→ What you have to do:
Copy each line of the data below with the word "antt".
┄┄┄┄┄┄┄┄┄┄┄┄┄┄┄┄┄┄┄┄
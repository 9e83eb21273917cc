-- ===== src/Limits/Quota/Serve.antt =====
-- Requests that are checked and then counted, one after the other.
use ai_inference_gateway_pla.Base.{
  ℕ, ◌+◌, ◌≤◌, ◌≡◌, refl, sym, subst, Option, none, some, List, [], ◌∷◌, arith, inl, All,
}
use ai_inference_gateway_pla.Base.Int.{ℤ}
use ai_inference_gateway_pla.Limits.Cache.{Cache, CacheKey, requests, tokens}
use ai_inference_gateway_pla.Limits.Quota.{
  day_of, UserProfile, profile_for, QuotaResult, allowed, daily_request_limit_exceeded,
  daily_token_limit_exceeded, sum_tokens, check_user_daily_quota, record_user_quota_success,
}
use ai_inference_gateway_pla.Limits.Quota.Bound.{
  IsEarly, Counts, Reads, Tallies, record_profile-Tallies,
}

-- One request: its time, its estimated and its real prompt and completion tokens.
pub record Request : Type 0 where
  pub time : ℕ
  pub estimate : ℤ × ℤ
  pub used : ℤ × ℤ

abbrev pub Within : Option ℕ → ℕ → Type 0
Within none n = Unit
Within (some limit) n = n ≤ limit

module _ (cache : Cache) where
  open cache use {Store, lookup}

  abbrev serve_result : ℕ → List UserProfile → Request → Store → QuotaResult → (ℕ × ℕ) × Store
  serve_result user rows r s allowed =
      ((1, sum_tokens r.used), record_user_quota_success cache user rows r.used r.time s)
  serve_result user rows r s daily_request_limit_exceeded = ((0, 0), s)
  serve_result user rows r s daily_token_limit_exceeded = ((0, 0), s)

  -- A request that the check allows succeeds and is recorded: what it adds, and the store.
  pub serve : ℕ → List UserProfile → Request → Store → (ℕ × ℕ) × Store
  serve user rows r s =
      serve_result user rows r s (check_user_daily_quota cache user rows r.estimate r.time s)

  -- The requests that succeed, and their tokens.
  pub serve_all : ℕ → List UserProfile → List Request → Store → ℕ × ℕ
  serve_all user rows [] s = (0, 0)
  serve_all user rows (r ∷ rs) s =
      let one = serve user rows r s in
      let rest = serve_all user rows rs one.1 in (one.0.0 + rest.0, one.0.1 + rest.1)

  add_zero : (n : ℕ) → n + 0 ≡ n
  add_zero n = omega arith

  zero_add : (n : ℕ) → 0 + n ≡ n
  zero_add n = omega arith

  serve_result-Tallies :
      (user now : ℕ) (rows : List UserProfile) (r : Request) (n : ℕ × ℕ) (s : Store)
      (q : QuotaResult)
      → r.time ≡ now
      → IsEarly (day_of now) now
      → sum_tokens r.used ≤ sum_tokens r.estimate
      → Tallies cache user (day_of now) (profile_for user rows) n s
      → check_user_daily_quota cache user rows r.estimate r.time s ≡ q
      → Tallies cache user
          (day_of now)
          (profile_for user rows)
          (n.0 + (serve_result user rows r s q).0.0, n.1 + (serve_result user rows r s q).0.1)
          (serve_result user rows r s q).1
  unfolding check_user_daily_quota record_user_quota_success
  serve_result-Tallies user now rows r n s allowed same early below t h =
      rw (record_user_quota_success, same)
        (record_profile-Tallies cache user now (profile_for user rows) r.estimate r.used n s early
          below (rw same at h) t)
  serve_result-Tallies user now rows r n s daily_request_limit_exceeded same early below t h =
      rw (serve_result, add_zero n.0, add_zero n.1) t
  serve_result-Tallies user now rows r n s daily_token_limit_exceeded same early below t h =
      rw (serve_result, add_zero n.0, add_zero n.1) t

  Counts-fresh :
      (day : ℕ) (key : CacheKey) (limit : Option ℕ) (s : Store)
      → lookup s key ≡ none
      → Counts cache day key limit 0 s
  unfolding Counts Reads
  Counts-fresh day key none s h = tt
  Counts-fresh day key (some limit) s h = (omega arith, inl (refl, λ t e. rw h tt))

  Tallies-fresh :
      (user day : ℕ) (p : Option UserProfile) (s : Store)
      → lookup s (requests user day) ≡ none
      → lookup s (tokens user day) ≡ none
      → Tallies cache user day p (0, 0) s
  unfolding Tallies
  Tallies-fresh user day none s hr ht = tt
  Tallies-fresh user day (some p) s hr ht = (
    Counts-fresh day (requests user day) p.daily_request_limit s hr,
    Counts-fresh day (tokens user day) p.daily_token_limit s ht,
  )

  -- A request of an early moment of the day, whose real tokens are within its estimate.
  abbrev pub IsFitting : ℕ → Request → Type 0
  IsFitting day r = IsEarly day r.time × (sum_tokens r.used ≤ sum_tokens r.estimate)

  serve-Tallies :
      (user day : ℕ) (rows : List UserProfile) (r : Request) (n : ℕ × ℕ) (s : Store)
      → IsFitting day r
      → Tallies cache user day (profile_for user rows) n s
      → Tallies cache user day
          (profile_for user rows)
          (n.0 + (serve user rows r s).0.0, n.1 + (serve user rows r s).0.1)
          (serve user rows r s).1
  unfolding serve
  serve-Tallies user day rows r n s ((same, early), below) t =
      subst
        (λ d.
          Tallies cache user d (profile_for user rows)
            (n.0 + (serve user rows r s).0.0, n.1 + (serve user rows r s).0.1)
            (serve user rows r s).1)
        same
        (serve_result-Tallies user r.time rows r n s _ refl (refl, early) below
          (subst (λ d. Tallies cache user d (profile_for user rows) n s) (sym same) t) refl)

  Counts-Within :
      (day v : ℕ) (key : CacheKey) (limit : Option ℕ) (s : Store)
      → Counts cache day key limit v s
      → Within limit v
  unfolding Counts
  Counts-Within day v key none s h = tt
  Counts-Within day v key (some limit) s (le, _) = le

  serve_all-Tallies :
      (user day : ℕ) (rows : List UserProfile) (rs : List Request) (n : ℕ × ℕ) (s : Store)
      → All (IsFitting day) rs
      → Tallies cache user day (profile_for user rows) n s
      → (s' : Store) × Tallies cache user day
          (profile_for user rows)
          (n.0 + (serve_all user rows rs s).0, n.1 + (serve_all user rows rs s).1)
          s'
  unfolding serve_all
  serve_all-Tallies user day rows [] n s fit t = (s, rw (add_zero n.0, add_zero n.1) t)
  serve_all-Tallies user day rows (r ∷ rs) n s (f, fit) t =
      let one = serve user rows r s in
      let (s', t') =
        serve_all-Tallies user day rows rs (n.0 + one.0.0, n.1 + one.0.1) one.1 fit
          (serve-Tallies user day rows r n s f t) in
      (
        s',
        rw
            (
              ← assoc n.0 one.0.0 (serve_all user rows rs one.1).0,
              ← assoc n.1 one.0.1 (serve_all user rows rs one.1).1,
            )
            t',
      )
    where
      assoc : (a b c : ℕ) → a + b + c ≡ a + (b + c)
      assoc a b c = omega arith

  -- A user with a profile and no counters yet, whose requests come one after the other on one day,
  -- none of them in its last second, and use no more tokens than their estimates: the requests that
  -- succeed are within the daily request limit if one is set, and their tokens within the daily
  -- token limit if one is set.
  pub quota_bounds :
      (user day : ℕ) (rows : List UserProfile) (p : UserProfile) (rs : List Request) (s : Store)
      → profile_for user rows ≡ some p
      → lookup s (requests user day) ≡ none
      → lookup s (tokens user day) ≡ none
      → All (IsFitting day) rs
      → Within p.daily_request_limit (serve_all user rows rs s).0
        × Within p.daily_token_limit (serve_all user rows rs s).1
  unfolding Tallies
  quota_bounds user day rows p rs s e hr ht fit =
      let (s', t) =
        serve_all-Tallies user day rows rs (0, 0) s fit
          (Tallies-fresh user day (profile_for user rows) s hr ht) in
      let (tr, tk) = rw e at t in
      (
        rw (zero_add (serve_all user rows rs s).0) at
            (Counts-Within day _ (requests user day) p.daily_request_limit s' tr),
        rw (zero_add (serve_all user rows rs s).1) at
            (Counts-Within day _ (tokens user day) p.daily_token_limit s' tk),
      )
┄┄┄┄┄┄┄┄┄┄┄┄┄┄┄┄┄┄┄┄
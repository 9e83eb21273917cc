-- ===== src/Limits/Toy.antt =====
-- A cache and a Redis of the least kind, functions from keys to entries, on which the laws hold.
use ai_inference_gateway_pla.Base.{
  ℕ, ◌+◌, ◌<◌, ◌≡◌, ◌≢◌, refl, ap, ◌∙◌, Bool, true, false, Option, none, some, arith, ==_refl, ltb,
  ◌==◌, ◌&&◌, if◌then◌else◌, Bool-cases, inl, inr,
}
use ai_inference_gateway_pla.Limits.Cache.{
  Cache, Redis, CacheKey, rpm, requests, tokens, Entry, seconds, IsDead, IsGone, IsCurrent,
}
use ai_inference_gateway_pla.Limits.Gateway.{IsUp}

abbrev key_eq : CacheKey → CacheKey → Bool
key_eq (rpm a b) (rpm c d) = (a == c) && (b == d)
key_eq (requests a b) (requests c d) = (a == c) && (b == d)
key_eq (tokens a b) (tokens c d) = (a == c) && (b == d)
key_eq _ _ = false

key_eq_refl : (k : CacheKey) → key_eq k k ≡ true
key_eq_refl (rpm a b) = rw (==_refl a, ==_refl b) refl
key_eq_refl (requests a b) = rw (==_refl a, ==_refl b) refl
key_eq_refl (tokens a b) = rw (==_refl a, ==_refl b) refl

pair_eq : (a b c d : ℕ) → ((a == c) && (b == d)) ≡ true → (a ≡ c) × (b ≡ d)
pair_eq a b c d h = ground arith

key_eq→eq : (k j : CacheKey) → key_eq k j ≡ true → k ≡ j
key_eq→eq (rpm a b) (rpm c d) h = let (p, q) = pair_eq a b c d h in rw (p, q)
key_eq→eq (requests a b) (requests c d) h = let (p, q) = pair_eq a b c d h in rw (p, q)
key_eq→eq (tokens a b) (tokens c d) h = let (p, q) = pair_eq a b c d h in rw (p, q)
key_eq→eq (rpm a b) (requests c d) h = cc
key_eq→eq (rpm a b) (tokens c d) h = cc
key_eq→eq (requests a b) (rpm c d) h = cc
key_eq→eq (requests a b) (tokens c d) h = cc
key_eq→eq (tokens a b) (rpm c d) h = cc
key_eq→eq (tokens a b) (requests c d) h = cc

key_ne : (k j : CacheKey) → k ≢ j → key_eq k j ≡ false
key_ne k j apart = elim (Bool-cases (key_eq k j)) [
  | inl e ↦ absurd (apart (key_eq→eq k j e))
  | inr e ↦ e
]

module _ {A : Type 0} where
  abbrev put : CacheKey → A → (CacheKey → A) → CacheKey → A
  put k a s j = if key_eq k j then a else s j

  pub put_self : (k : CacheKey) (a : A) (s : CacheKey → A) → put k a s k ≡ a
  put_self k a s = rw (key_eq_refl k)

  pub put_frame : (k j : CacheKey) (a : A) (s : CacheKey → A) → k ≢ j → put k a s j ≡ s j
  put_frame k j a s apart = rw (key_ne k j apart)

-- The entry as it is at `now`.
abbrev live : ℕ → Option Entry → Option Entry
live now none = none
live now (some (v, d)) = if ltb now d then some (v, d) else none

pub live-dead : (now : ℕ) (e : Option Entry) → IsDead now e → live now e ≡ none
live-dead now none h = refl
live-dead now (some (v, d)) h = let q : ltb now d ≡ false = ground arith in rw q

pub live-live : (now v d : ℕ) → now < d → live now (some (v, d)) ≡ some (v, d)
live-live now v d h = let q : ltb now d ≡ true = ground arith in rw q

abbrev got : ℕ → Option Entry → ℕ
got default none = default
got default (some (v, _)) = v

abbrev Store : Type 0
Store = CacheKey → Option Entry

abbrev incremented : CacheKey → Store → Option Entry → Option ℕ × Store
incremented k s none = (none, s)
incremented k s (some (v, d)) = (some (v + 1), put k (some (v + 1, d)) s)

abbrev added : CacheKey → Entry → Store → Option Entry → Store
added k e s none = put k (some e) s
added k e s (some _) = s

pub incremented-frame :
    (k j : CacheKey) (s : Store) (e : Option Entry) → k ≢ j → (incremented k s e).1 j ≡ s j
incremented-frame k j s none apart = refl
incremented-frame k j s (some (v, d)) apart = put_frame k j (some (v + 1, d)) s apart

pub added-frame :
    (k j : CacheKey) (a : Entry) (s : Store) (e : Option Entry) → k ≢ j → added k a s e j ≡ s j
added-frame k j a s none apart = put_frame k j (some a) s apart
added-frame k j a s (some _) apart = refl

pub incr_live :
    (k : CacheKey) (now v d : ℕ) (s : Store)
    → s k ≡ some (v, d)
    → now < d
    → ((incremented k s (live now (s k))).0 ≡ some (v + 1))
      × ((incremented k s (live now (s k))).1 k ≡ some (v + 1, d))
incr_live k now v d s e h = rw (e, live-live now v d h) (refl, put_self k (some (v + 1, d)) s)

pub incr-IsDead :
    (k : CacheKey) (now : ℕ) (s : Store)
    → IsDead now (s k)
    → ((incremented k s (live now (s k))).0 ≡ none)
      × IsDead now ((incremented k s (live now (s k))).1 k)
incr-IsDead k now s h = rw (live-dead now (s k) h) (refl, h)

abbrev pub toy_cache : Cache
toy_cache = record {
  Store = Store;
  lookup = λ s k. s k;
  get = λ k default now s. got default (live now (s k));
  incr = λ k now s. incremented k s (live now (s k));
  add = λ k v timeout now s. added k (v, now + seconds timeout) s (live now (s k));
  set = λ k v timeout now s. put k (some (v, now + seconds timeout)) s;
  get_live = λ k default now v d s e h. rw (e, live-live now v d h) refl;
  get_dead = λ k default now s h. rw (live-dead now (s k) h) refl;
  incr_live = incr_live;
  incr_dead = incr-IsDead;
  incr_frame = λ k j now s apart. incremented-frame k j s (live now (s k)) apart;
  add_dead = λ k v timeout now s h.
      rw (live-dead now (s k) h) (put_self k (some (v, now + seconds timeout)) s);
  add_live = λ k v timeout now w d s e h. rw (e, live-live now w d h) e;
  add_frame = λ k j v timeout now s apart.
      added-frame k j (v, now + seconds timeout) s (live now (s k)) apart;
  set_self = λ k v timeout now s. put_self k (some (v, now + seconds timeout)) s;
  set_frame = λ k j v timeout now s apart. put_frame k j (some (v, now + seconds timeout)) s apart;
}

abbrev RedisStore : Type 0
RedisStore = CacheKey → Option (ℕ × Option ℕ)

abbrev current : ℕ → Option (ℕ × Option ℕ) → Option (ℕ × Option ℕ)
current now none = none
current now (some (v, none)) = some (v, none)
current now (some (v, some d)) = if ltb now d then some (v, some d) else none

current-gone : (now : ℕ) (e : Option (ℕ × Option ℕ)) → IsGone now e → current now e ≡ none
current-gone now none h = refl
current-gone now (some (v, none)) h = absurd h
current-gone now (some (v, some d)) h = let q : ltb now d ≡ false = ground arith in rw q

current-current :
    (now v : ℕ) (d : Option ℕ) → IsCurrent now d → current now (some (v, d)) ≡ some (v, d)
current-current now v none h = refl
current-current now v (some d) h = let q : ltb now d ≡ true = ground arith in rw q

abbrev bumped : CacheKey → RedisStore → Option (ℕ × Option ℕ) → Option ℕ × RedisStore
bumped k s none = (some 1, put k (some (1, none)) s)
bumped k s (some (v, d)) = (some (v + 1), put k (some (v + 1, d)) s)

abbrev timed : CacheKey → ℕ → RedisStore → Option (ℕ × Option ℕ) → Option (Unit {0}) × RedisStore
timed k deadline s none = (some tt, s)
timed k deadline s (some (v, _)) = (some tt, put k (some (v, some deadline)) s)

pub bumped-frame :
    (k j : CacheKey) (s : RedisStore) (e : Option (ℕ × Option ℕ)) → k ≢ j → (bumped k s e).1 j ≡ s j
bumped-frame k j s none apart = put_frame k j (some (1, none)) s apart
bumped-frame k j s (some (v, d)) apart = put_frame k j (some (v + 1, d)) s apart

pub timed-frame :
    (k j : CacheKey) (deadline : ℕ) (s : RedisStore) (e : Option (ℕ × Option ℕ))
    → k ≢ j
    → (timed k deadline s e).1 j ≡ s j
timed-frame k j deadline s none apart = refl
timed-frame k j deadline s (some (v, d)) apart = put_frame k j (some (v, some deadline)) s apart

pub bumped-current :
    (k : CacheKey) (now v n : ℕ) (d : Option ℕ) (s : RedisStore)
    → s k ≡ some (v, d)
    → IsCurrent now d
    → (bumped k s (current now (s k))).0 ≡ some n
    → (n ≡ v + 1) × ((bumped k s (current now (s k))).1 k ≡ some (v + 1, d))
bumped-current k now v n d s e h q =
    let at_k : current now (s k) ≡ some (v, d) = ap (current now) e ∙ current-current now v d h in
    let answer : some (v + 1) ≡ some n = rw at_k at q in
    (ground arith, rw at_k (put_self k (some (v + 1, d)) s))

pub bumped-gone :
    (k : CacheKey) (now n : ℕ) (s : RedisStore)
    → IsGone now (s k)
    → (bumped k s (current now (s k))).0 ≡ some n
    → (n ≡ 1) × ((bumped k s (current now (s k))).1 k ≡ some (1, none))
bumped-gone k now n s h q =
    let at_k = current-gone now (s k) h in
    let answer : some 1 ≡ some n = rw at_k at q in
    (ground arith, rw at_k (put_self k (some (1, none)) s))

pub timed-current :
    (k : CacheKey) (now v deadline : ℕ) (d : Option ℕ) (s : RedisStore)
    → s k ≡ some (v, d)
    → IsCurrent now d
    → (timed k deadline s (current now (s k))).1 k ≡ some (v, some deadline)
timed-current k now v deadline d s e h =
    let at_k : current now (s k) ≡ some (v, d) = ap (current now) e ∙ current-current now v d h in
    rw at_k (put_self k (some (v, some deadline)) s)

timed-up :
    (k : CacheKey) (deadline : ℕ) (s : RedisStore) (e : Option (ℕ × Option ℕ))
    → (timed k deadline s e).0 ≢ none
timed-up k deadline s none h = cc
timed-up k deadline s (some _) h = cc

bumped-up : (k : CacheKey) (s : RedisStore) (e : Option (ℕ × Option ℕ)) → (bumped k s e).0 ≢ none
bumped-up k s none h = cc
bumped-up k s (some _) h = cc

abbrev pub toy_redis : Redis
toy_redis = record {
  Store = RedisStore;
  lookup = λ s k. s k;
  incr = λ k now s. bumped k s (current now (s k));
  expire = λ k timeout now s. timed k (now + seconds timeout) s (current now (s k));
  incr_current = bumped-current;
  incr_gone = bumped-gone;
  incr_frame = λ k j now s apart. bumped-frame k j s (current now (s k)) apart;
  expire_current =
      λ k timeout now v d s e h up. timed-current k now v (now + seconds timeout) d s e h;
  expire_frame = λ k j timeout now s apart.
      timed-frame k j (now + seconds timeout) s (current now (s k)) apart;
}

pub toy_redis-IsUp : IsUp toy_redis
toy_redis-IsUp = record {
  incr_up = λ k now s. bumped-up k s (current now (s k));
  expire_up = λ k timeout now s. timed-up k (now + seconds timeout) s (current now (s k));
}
┄┄┄┄┄┄┄┄┄┄┄┄┄┄┄┄┄┄┄┄
→ Worked solution:
-- ===== src/Limits/Quota/Serve.antt =====
-- ===== src/Limits/Toy.antt =====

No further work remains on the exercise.